Sydney Inner City CBD

Recently retired relatives of mine were thinking of purchasing a pad in the CBD so I checked out a few places over the last 8 weeks.

Now I have always thought that inner city anywhere was overpriced, volatile capital growth, high rental but also higher financing costs (different LVR's for CBD) and high strata.

I was very surprised about the prices, one hand they can seem excellent but on closer inspection they falter pretty quickly.

Here's what I have found:

2 bed 2 bath 1 car spot in new-ish (built from mid 90's) 24 hr concierge, pool gym CCTV on every level. 550-650k strata 6-12k p.a 86-110sqm
These are in buildings along Kent, Pitt and Sussex st. Walk to central , chinatown, QVB etc. Buildings in Northeren end or the Rocks start from 750k (generally)

On price alone this is either on par or cheap compared to a similarly appointed building within 5km of cbd - camperdown, alexandria, etc.

From the retiress POV a 550k place in the city and a 550k townhouse in the Hills district, is a great option.

The capital growth is poor though... How poor?

Well I got a friend to look at previous sales in RPdata.

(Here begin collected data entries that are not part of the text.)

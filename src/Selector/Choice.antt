-- ===== src/Selector/Choice.antt =====
-- Which client `Select` chooses, and what it leaves behind.
use native.Mathlib.Decide.{dec_lt, ℕ_discrete}
use native.Mathlib.Nat.{mod-lt, mod-eq_of_lt, mod-eq-sub-mod}
use rapid_proxy.Prelude.{
  ℕ, zero, suc, ◌+◌, ◌-◌, ◌%◌, ◌^◌, ◌≤◌, ◌<◌, ◌≡◌, ◌≢◌, refl, sym, subst, ◌∙◌, arith, false, Option,
  none, some, List, Clock, add64, if◌then◌else◌, length, get_elem?, set, lt→ltb, length-set,
  get_elem?-set_ne, Option-cases, Bool-cases, inl, inr, ◌⊎◌,
}
use rapid_proxy.Client.{ProxyClient}
use rapid_proxy.Client.Interfaces.{RateLimiter, CircuitBreaker}
use rapid_proxy.Selector.{
  try_client, select, RoundRobinSelector, select_loop, Selection, selected, all_proxies_busy,
  cancelled, out_of_range,
}
use rapid_proxy.Selector.Attempt.{is_available, try_client-Attempted}

-- The client that round `i` looks at.
abbrev pub visit : ℕ → ℕ → ℕ → ℕ
visit start i n = add64 start i % n

mod-cases : (a n : ℕ) → 0 < n → a < n + n → (a % n ≡ a) ⊎ ((n ≤ a) × (a % n ≡ a - n))
mod-cases a n h l = elim (dec_lt a n) [
  | yes p ↦ inl (mod-eq_of_lt p)
  | no p ↦ inr (omega arith, mod-eq-sub-mod (omega arith) ∙ mod-eq_of_lt (omega arith))
]

-- A rotation looks at no client twice.
pub visit-injective :
    (start i j n : ℕ) → start < n → n < 2 ^ 62 → i < j → j < n → visit start i n ≢ visit start j n
visit-injective start i j n hs hn hi hj e =
    let e' : (start + i) % n ≡ (start + j) % n =
      rw (small (start + i) (omega arith), small (start + j) (omega arith)) at e in
    ground (
      arith,
      mod-cases (start + i) n (omega arith) (omega arith),
      mod-cases (start + j) n (omega arith) (omega arith),
    )
  where
    small : (a : ℕ) → a < 2 ^ 64 → a % 2 ^ 64 ≡ a
    small a h = omega arith

-- A rotation looks at every client.
pub visited :
    (start k n : ℕ) → start < n → k < n → n < 2 ^ 62 → (i : ℕ) × (i < n) × (visit start i n ≡ k)
visited start k n hs hk hn = elim (dec_lt k start) [
  | yes p ↦ (
    k + n - start,
    omega arith,
    rw (small (k + n - start) (omega arith)) (mod-eq-sub-mod (omega arith) ∙ wrapped (omega arith)),
  )
  | no p ↦ (
    k - start,
    omega arith,
    rw (small (k - start) (omega arith), back (omega arith)) (mod-eq_of_lt hk),
  )
]
  where
    small : (i : ℕ) → start + i < 2 ^ 64 → add64 start i ≡ start + i
    small i h = omega arith

    back : start ≤ k → start + (k - start) ≡ k
    back h = omega arith

    wrapped : start + (k + n - start) - n ≡ k → (start + (k + n - start) - n) % n ≡ k
    wrapped e = rw e (mod-eq_of_lt hk)

module _ {L B E : Type 0} (lim : RateLimiter L E) (brk : CircuitBreaker B E) where
  -- The reference: the first available client in rotation, all judged as they stood at the call.
  unfoldable pub first_available :
      ℕ → ℕ → ℕ → (ℕ → Option E) → (ℕ → Clock) → List (ProxyClient L B E) → Selection E
  first_available zero i start ctx t cs = all_proxies_busy
  first_available (suc r) i start ctx t cs =
      let rest = first_available r (suc i) start ctx t cs in
      elim (ctx i) [
        | some e ↦ cancelled e
        | none ↦ elim (get_elem? cs (visit start i (length cs))) [
          | none ↦ out_of_range
          | some c ↦
              if is_available lim brk (t i) c then selected (visit start i (length cs)) else rest
        ]
      ]

  -- The clients of the rounds still to come are as they were.
  abbrev Agree : ℕ → ℕ → ℕ → List (ProxyClient L B E) → List (ProxyClient L B E) → Type 0
  Agree r i start cur cs =
      (j : ℕ)
      → i ≤ j
      → j < i + r
      → get_elem? cur (visit start j (length cs)) ≡ get_elem? cs (visit start j (length cs))

  Agree-set :
      (r i start : ℕ) (c : ProxyClient L B E) (cur cs : List (ProxyClient L B E))
      → start < length cs
      → length cs < 2 ^ 62
      → i + suc r ≤ length cs
      → Agree (suc r) i start cur cs
      → Agree r (suc i) start (set cur (visit start i (length cs)) c) cs
  Agree-set r i start c cur cs hs hn hr a j low high =
      get_elem?-set_ne cur c (visit-injective start i j (length cs) hs hn low (omega arith))
      ∙ a j (omega arith) (omega arith)

  select_loop-first_available :
      (r i start : ℕ) (ctx : ℕ → Option E) (t : ℕ → Clock) (cur cs : List (ProxyClient L B E))
      → start < length cs
      → length cs < 2 ^ 62
      → i + r ≤ length cs
      → length cur ≡ length cs
      → Agree r i start cur cs
      → (select_loop lim brk r i start ctx t cur).1 ≡ first_available r i start ctx t cs
  unfolding select_loop first_available
  select_loop-first_available zero i start ctx t cur cs hs hn hr hl a = refl
  select_loop-first_available (suc r) i start ctx t cur cs hs hn hr hl a =
      elim (Option-cases (ctx i)) [
        | inr (e, d) ↦ rw (d, select_loop, first_available)
        | inl d ↦ elim (Option-cases (get_elem? cs (visit start i (length cs)))) [
          | inl g ↦ rw (d, hl, a i (omega arith) (omega arith), g, select_loop, first_available)
          | inr (c, g) ↦
              let here = a i (omega arith) (omega arith) ∙ g in
              let v = (try_client-Attempted lim brk (t i) c).verdict in
              let cur' = set cur (visit start i (length cs)) (try_client lim brk (t i) c).0 in
              let rest =
                select_loop-first_available r (suc i) start ctx t cur' cs hs hn (omega arith)
                  (length-set cur (visit start i (length cs)) (try_client lim brk (t i) c).0 ∙ hl)
                  (Agree-set r i start (try_client lim brk (t i) c).0 cur cs hs hn hr a) in
              elim (Bool-cases (is_available lim brk (t i) c)) [
                | inl y ↦ rw (d, hl, here, g, v, y, select_loop, first_available, hl)
                | inr n ↦ rw (d, hl, here, g, v, n, select_loop, first_available, hl) rest
              ]
        ]
      ]

  -- With between one and 2 ^ 62 clients, and at most as many rounds, `Select` chooses as the
  -- reference does, which looks for the first available client in the list as it was before the
  -- call, from the client after the one at which the last call started.
  pub select-first_available :
      (ctx : ℕ → Option E) (t : ℕ → Clock) (s : RoundRobinSelector) (cs : List (ProxyClient L B E))
      → 0 < length cs
      → length cs < 2 ^ 62
      → s.max_retries ≤ length cs
      → (select lim brk ctx t s cs).2
        ≡ first_available s.max_retries 0 (add64 s.current_index 1 % length cs) ctx t cs
  unfolding select
  select-first_available ctx t s cs hp hn hr = rw (lt→ltb s.max_retries (2 ^ 63) (omega arith)) (
      select_loop-first_available s.max_retries 0 (add64 s.current_index 1 % length cs) ctx t cs cs
        (mod-lt _ hp) hn (omega arith) refl (λ j low high. refl))

  same : (c c' : ProxyClient L B E) → some c ≡ some c' → c ≡ c'
  same c c' e = cc

  busy_step :
      (r i start : ℕ) (ctx : ℕ → Option E) (t : ℕ → Clock) (cs : List (ProxyClient L B E))
      → first_available (suc r) i start ctx t cs ≡ all_proxies_busy
      → ((c : ProxyClient L B E)
          → get_elem? cs (visit start i (length cs)) ≡ some c
          → is_available lim brk (t i) c ≡ false)
        × (first_available r (suc i) start ctx t cs ≡ all_proxies_busy)
  unfolding first_available
  busy_step r i start ctx t cs h = elim (Option-cases (ctx i)) [
    | inr (e, d) ↦ cc (rw (d, first_available) at h)
    | inl d ↦ elim (Option-cases (get_elem? cs (visit start i (length cs)))) [
      | inl g ↦ cc (rw (d, g, first_available) at h)
      | inr (c, g) ↦ elim (Bool-cases (is_available lim brk (t i) c)) [
        | inl y ↦ cc (rw (d, g, y, first_available) at h)
        | inr n ↦ (
          λ c' g'. subst (λ x. is_available lim brk (t i) x ≡ false) (same c c' (sym g ∙ g')) n,
          rw (d, g, n, first_available) at h,
        )
      ]
    ]
  ]

  busy-refused :
      (r i start : ℕ) (ctx : ℕ → Option E) (t : ℕ → Clock) (cs : List (ProxyClient L B E))
      → first_available r i start ctx t cs ≡ all_proxies_busy
      → (j : ℕ) (c : ProxyClient L B E) → i ≤ j
      → j < i + r
      → get_elem? cs (visit start j (length cs)) ≡ some c
      → is_available lim brk (t j) c ≡ false
  busy-refused zero i start ctx t cs e j c low high g = absurd (omega arith)
  busy-refused (suc r) i start ctx t cs e j c low high g =
      let (here, rest) = busy_step r i start ctx t cs e in
      elim (ℕ_discrete i j) [
        | yes p ↦ subst (λ x. is_available lim brk (t x) c ≡ false) p (here c (rw p g))
        | no p ↦ busy-refused r (suc i) start ctx t cs rest j c (omega arith) (omega arith) g
      ]

  -- With between one and 2 ^ 62 clients, and as many rounds, `Select` reports that all proxies are
  -- busy only if each client `k` has a round that looks at it, and the client, as it was before the
  -- call, was at that round's readings unhealthy, without a free slot or without a token.
  pub select-busy :
      (ctx : ℕ → Option E) (t : ℕ → Clock) (s : RoundRobinSelector) (cs : List (ProxyClient L B E))
      → 0 < length cs
      → length cs < 2 ^ 62
      → s.max_retries ≡ length cs
      → (select lim brk ctx t s cs).2 ≡ all_proxies_busy
      → (k : ℕ) (c : ProxyClient L B E) → k < length cs
      → get_elem? cs k ≡ some c
      → (i : ℕ) × (i < length cs)
        × (visit (add64 s.current_index 1 % length cs) i (length cs) ≡ k)
        × (is_available lim brk (t i) c ≡ false)
  select-busy ctx t s cs hp hn hr e k c hk g =
      let start = add64 s.current_index 1 % length cs in
      let (i, lt, at) = visited start k (length cs) (mod-lt _ hp) hk hn in
      (
        i,
        lt,
        at,
        busy-refused s.max_retries 0 start ctx t cs
            (sym (select-first_available ctx t s cs hp hn (omega arith)) ∙ e) i c (omega arith)
            (omega arith) (rw at g),
      )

Obviously the last few years saw a large turnover of units for prices cheaper than today, but many developers held their units to contract supply in specific buildings so in that regard many buildings have not had firesale prices which drags every unit down a bit.

One building in Sussex st really stood out though, prices when brand new were 400-500k, they are now trading 12 years later for 600-625k.

During the last 12 years you would have paid around 8k P.A in strata fees. I don't know what they rented for previously but units are renting for 700p.w there at the moment.

so thats a max 225k gain minus close to 100k in strata fees in 12 years.

hmmmm.

After more research I think they should invest the cash and just rent for a few years. This also gives them the flexibility to say rent in Manly over the summer if they want.

I can still see why you'd buy in the city but I certainly wouldn't want to be relying on capital growth.